“The Lost Apps of the 80s” never went away

A response to “The Lost Apps of the 80s”.

“The Lost Apps of the 80s” never went away

A response to “The Lost Apps of the 80s”, originally published on Secure Scuttlebutt at %rweoPItwNqwpL6yM7NNph6nljjTUAWXdUkvosSJJ/o8=.sha256

Sometimes Dave Winer says smart things, though there are often strange gaps (maybe he is like Kevin Kelly, who says smart things because he has surrounded himself with smart people but generally can’t reconstruct the reasoning behind those things).

In this case, the difference between the 80s and today with regard to writing tools is sort of clear: in the 80s, most available tools for home computers either were small-computing products or (as in the case of Lotus) began as small-computing products and grew due to popularity. Small computing products are quirky because they are created by a single person or a handful of people to solve their own problems in a way that corresponds to their own workflow; as they grow, they tend to become highly customizable application platforms with reasonable defaults because expansion occurs through supporting new users with new workflows.

The browser text field, like most webtech, comes out of someone saying “this theoretical feature is something we ought to have in order to compete; let us consider abstractly what we, as developers who touch only a tiny minority of use cases, would expect the minimal feature set could be in order to satisfy all users”. In other words, a big tech mentality from the start. You get a committee together to imagine what a very distinct set of unrepresented users might want, and then the developers get a checklist of intended behaviors, some of which contradict each other. Then it gets standardized or de-facto standardized, and you get almost identically-behaving implementations in all the major browsers.

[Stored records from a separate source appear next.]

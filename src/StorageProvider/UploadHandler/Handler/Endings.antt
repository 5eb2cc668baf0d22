-- ===== src/StorageProvider/UploadHandler/Handler/Endings.antt =====
-- storageProvider/uploadHandler.go: how the upload of a whole file and of a shard end.
use archoncloud_go.Base.{
  ◌≡◌, ◌≢◌, refl, sym, ap, ◌∙◌, subst, List, [], ◌∷◌, ◌++◌, not, ◌&&◌, bytes_eq_refl, ne→bytes_eq,
  Bool, Bool-cases, ◌⊎◌, inl, inr, some, Result, ok, err, panic, Error, foreign, ◌>>=◌,
}
use archoncloud_go.Common.Bytes.{Bytes}
use archoncloud_go.Shards.Erasure.{Infectious}
use archoncloud_go.Base.Int.{pos}
use archoncloud_go.Common.ArchonUrl.{shard_path}
use archoncloud_go.Shards.Header.{
  ShardHeader, new_shard_header, get_shard_index, get_num_required, get_num_total,
}
use archoncloud_go.Shards.Shard.{Stored, receive_shard, store_sp_shard}
use archoncloud_go.StorageProvider.Files.{
  File, read_file, write_file, file_exists, read-remove_other,
}
use archoncloud_go.StorageProvider.Pending.{PendingUpload}
use archoncloud_go.StorageProvider.UploadHandler.{
  Provider, UploadPars, register_pending_upload, get_shard_file, signed_shard, path_of, finish,
  with_header,
}
use archoncloud_go.StorageProvider.UploadHandler.WholeFile.{upload_whole_file, whole_path}

-- The files at other paths are as before.
abbrev pub OnlyAt : Bytes → List File → List File → Type 0
OnlyAt p fs fs' = (q : Bytes) → q ≢ p → read_file q fs' ≡ read_file q fs

OnlyAt-write : (p content : Bytes) (fs : List File) → OnlyAt p fs (write_file p content fs)
OnlyAt-write p content fs q n = rw (ne→bytes_eq p q (λ e. n (sym e))) (read-remove_other q p fs n)

-- The second of two steps, if both succeed.
pub bind-ok {ℓ κ} :
    {A : Type ℓ} {B : Type κ} (m : Result A) (f : A → Result B) (b : B)
    → (m >>= f) ≡ ok b
    → (a : A) × (m ≡ ok a) × (f a ≡ ok b)
bind-ok (ok a) f b e = (a, refl, e)
bind-ok (err x) f b e = cc
bind-ok panic f b e = cc

pair_parts :
    (a b : Bytes) (st st' : Stored)
    → ◌≡◌ {A = Result (Bytes × Stored)} (ok (a, st)) (ok (b, st'))
    → (a ≡ b) × (st ≡ st')
pair_parts a b st st' e = (cc, cc)

module _ (fec : Infectious) (hash : Bytes → Bytes) where
  -- A pending upload of a whole file: the file is the body, with the hash of the body and the signature
  -- of the transaction, and is announced under the path of its URL.
  abbrev pub IsStoredWhole : Bytes → Bytes → UploadPars → PendingUpload → Bytes → Type 0
  IsStoredWhole signature body pars pu content =
      (pu.account ≡ pars.account)
      × (pu.transaction_hash ≡ pars.transaction_hash)
      × (pu.computed_file_hash ≡ hash body)
      × (pu.signature ≡ signature)
      × (pu.dht_id ≡ shard_path pu.url (pos 0))
      × (content ≡ body)

  -- The numbers of a shard are those of the header that the body begins with: the index in the
  -- identifier under which it is announced, and the counts in its URL.
  abbrev pub IsNumbered : Bytes → PendingUpload → Type 0
  IsNumbered body pu =
      (hdr : ShardHeader) × (r : Bytes) × (new_shard_header fec body ≡ ok (hdr, r))
      × (pu.dht_id ≡ shard_path pu.url (get_shard_index hdr))
      × (pu.url.needed ≡ get_num_required hdr)
      × (pu.url.total ≡ get_num_total hdr)

  -- A pending upload of a shard: what `StoreSPShard` writes and returns for the body, and a file that
  -- has both signatures behind it.
  abbrev pub IsStoredShard :
      (Bytes → Result Bytes) → Bytes → UploadPars → PendingUpload → Bytes → Type 0
  IsStoredShard sign body pars pu content =
      (pu.account ≡ pars.account)
      × (pu.transaction_hash ≡ pars.transaction_hash)
      × IsNumbered body pu
      × ((stored : Stored) × (sp_signature : Bytes) × (receive_shard fec hash body ≡ ok stored)
          × (sign (hash stored.uploader_signature) ≡ ok sp_signature)
          × (pu.computed_file_hash ≡ stored.hash)
          × (pu.signature ≡ stored.uploader_signature)
          × (content ≡ stored.written ++ (stored.uploader_signature ++ sp_signature)))

  abbrev pub IsRegistered : (PendingUpload → Bytes → Type 0) → Provider → Provider → Type 0
  IsRegistered Q s s' =
      (pu : PendingUpload) × (content : Bytes) × (s'.uploads_pending ≡ s.uploads_pending ++ pu ∷ [])
      × Q pu content
      × (read_file pu.file_path s'.files ≡ some content)
      × OnlyAt pu.file_path s.files s'.files

  abbrev pub IsRefused : Provider → Provider → Type 0
  IsRefused s s' =
      (s'.uploads_pending ≡ s.uploads_pending) × (p : Bytes) × OnlyAt p s.files s'.files

  abbrev pub Ends :
      (PendingUpload → Bytes → Type 0) → Provider → Result (Unit {0}) × Provider → Type 0
  Ends Q s res = ((res.0 ≡ ok tt) × IsRegistered Q s res.1) ⊎ ((res.0 ≢ ok tt) × IsRefused s res.1)

  pub Ends-weaken :
      (Q R : PendingUpload → Bytes → Type 0) (s : Provider) (res : Result (Unit {0}) × Provider)
      → ((pu : PendingUpload) (content : Bytes) → Q pu content → R pu content)
      → Ends Q s res
      → Ends R s res
  Ends-weaken Q R s res f (inl (e, (pu, content, k, q, there, only))) =
      inl (e, (pu, content, k, f pu content q, there, only))
  Ends-weaken Q R s res f (inr h) = inr h

  refused : (Q : PendingUpload → Bytes → Type 0) (s : Provider) (e : Error) → Ends Q s (err e, s)
  refused Q s e = inr ((λ x. cc), (refl, [], λ q n. refl))

  broke : (Q : PendingUpload → Bytes → Type 0) (s : Provider) → Ends Q s (panic, s)
  broke Q s = inr ((λ x. cc), (refl, [], λ q n. refl))

  module _ (sign : Bytes → Result Bytes) (base58 : Bytes → Bytes) (join : List Bytes → Bytes)
      (root_folder : Bytes) (can_copy : Bytes → Bool) (can_create : Bytes → Bool) where
    pub upload_whole_file-Ends :
        (pars : UploadPars) (signature : Bytes) (s : Provider) (body : Bytes)
        → Ends (IsStoredWhole signature body pars) s (
            upload_whole_file hash base58 join root_folder can_copy can_create pars signature s
              body)
    unfolding upload_whole_file register_pending_upload
    upload_whole_file-Ends pars signature s body =
        let Q = IsStoredWhole signature body pars in
        let p = whole_path hash base58 join root_folder can_copy can_create pars body in
        elim (Bool-cases (can_copy body)) [
          | inr c ↦ rw c (refused Q s _)
          | inl c ↦ elim (Bool-cases (not pars.overwrite && file_exists p s.files)) [
            | inl e ↦ rw (c, e) (refused Q s _)
            | inr e ↦ elim (Bool-cases (can_create p)) [
              | inr r ↦ rw (c, e, r) (refused Q s _)
              | inl r ↦
                  rw (c, e, r)
                    (inl (
                      refl,
                      (
                        _,
                        body,
                        refl,
                        (refl, refl, refl, refl, refl, refl),
                        rw (bytes_eq_refl p),
                        OnlyAt-write p body s.files,
                      ),
                    ))
            ]
          ]
        ]

    -- A shard that was signed was stored before.
    abbrev IsSigned : Bytes → Bytes → Stored → Type 0
    IsSigned body content stored =
        (sp_signature : Bytes) × (receive_shard fec hash body ≡ ok stored)
        × (sign (hash stored.uploader_signature) ≡ ok sp_signature)
        × (content ≡ stored.written ++ (stored.uploader_signature ++ sp_signature))

    -- The end of the upload of a shard whose file has been created.
    finish-Ends :
        (pars : UploadPars) (hdr : ShardHeader) (s : Provider) (fs : List File) (body r : Bytes)
        (m : Result (Bytes × Stored))
        → new_shard_header fec body ≡ ok (hdr, r)
        → OnlyAt (path_of fec hash sign base58 join root_folder can_create pars hdr) s.files fs
        → ((content : Bytes) (stored : Stored)
            → m ≡ ok (content, stored)
            → IsSigned body content stored)
        → Ends (IsStoredShard sign body pars) s (
            finish fec hash sign base58 join root_folder can_create pars hdr
              (record s { files = fs })
              m)
    unfolding register_pending_upload
    finish-Ends pars hdr s fs body r (ok (content, stored)) made only from =
        let p = path_of fec hash sign base58 join root_folder can_create pars hdr in
        inl (
          refl,
          (
            _,
            content,
            refl,
            (
              refl,
              refl,
              (hdr, r, made, refl, refl, refl),
              let (sig, received, signed, e) = from content stored refl in
                  (stored, sig, received, signed, refl, refl, e),
            ),
            rw (bytes_eq_refl p),
            λ q n. OnlyAt-write p content fs q n ∙ only q n,
          ),
        )
    finish-Ends pars hdr s fs body r (err e) made only from =
        let p = path_of fec hash sign base58 join root_folder can_create pars hdr in
        inr ((λ x. cc), (refl, p, λ q n. read-remove_other q p fs n ∙ only q n))
    finish-Ends pars hdr s fs body r panic made only from =
        let p = path_of fec hash sign base58 join root_folder can_create pars hdr in
        inr ((λ x. cc), (refl, p, λ q n. read-remove_other q p fs n ∙ only q n))

    signed_shard-IsSigned :
        (hdr : ShardHeader) (r body : Bytes) (content : Bytes) (stored : Stored)
        → new_shard_header fec body ≡ ok (hdr, r)
        → signed_shard fec hash sign base58 join root_folder can_create hdr r ≡ ok (content, stored)
        → IsSigned body content stored
    unfolding signed_shard receive_shard
    signed_shard-IsSigned hdr r body content stored made e =
        let (st, kept, e') = bind-ok (store_sp_shard fec hash hdr r) _ (content, stored) e in
        let (sig, signed, e'') =
          bind-ok (sign (hash st.uploader_signature)) _ (content, stored) e' in
        let (same_content, same) = pair_parts _ content st stored e'' in
        (
          sig,
          rw (made, kept) (ap ok same),
          subst (λ (x : Stored). sign (hash x.uploader_signature) ≡ ok sig) same signed,
          subst (λ (x : Stored). content ≡ x.written ++ (x.uploader_signature ++ sig)) same
              (sym same_content),
        )

    get_shard_file-cases :
        (overwrite : Bool) (p : Bytes) (fs : List File)
        → (get_shard_file fec hash sign base58 join root_folder can_create overwrite p fs
            ≡ ok (write_file p [] fs))
          ⊎ ((e : Error) × (get_shard_file fec hash sign base58 join root_folder can_create
                  overwrite p fs
                ≡ err e))
    unfolding get_shard_file
    get_shard_file-cases overwrite p fs = elim (Bool-cases (can_create p)) [
      | inl e ↦ inl (rw e)
      | inr e ↦ inr (foreign, rw e)
    ]

    pub upload_shard-Ends :
        (pars : UploadPars) (s : Provider) (body : Bytes) (m : Result (ShardHeader × Bytes))
        → new_shard_header fec body ≡ m
        → Ends
            (IsStoredShard sign body pars)
            s
            (with_header fec hash sign base58 join root_folder can_create pars s m)
    upload_shard-Ends pars s body (err e) made = refused (IsStoredShard sign body pars) s e
    upload_shard-Ends pars s body panic made = broke (IsStoredShard sign body pars) s
    upload_shard-Ends pars s body (ok (hdr, r)) made =
        let p = path_of fec hash sign base58 join root_folder can_create pars hdr in
        elim (get_shard_file-cases pars.overwrite p s.files) [
          | inr (x, e) ↦ rw e (refused (IsStoredShard sign body pars) s x)
          | inl e ↦ rw e (
              finish-Ends pars hdr s (write_file p [] s.files) body r
                (signed_shard fec hash sign base58 join root_folder can_create hdr r) made
                (OnlyAt-write p [] s.files)
                (λ content stored k. signed_shard-IsSigned hdr r body content stored made k))
        ]
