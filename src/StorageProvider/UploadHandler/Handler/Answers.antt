-- ===== src/StorageProvider/UploadHandler/Handler/Answers.antt =====
-- storageProvider/uploadHandler.go: what an upload request leaves behind.
use archoncloud_go.Base.{◌≡◌, ◌≢◌, List, Bool, ◌⊎◌, Option, some, ok}
use archoncloud_go.Common.Bytes.{Bytes}
use archoncloud_go.Shards.Erasure.{Infectious}
use archoncloud_go.StorageProvider.Pending.{AccountType, PendingUpload}
use archoncloud_go.StorageProvider.UploadHandler.{Provider}
use archoncloud_go.StorageProvider.UploadHandler.Handler.{
  UploadAccount, Request, Answer, uploaded, Checked,
}
use archoncloud_go.StorageProvider.UploadHandler.Handler.Endings.{
  IsStoredWhole, IsStoredShard, IsRegistered, IsRefused,
}

module _ (fec : Infectious) (hash : Bytes → Bytes)
    (get_account : AccountType → Option UploadAccount) where
  -- Where the parts of a checked request come from: the body from its form, the account from its
  -- chain, and the transaction from the account.
  abbrev pub IsChecked : Request → Checked → Type 0
  IsChecked r c =
      ((filename : Bytes) × (r.form ≡ ok (filename, c.body)))
      × (get_account c.pars.account ≡ some c.acc)
      × (c.acc.get_upload_tx_info r.transaction_hash ≡ ok c.up_tx)
      × (c.pars.transaction_hash ≡ c.up_tx.tx_id)

  -- The pending upload of a request, and the content of its file: a whole file, if the transaction
  -- says that there is no container, and otherwise a shard.
  abbrev pub IsUploadOf : Request → PendingUpload → Bytes → Type 0
  IsUploadOf r pu content =
      (c : Checked) × IsChecked r c
      × (((c.up_tx.file_container_type ≡ 0)
            × IsStoredWhole fec hash c.up_tx.signature c.body c.pars pu content)
          ⊎ ((c.up_tx.file_container_type ≢ 0)
              × IsStoredShard fec hash c.acc.sign c.body c.pars pu content))

  module _ (to_lower : Bytes → Bytes) (trim_space : Bytes → Bytes) (base : Bytes → Bytes)
      (base58 : Bytes → Bytes) (join : List Bytes → Bytes) (root_folder : Bytes)
      (can_copy : Bytes → Bool) (can_create : Bytes → Bool) where
    abbrev pub IsAnswered : Request → Provider → Answer × Provider → Type 0
    IsAnswered r s res =
        ((res.0 ≡ uploaded) × IsRegistered fec hash (IsUploadOf r) s res.1)
        ⊎ ((res.0 ≢ uploaded) × IsRefused fec hash s res.1)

Tiny and quirky writing tools still exist, still are in use, and still are created. Vi and emacs are arguably quirky writing tools, and are widely used. I wrote a specialized text editor that had support for color coding word black/whitelists, recommending the next word via markov models that could be easily swapped out (or have their probabilities reversed), rhyming dictionary and thesaurus lookup, and S+7 replacement. Robin Sloane wrote a plugin for Atom that tried to complete his sentences with char-RNN. Botnik Studios uses a specialized “keyboard” that’s really a markov-based autocomplete oriented text editor. And, of course, we have a wide variety of proprietary ‘boutique’ editors like Scrivener and Hemingway. On top of that, there remain specialized editors for proper hypertext (like Twine, which though it produces web-compatible output, really has a lot more in common with 80s hypertext-fiction editing systems like Hypercard and StorySpace).

These systems don’t get a lot of exposure because there are lowest-common-denominator systems that eat up most of the bandwidth for familiarity for most users. Word is an ascended-quirky-writing-tool that, because it became institutionally mandated, had its quirks sclerotized into standardization; it and its bug-compatible clones (Google Docs, libreoffice) are used by everyone. Completely minimal editors like notepad are everywhere too. It’s been a long time since anybody thought it was a good idea to ship a computer with a program as quirky as LotusNotes by default.

Basically, if a field has incumbents, then so long as you are deciding what to look at based on popularity, you will not see quirky fringe experiments and specialized tools. When a field is young, quirky fringe experiments and specialized tools are all that exists, but they can never grow to dominate without losing their quirk and specialization.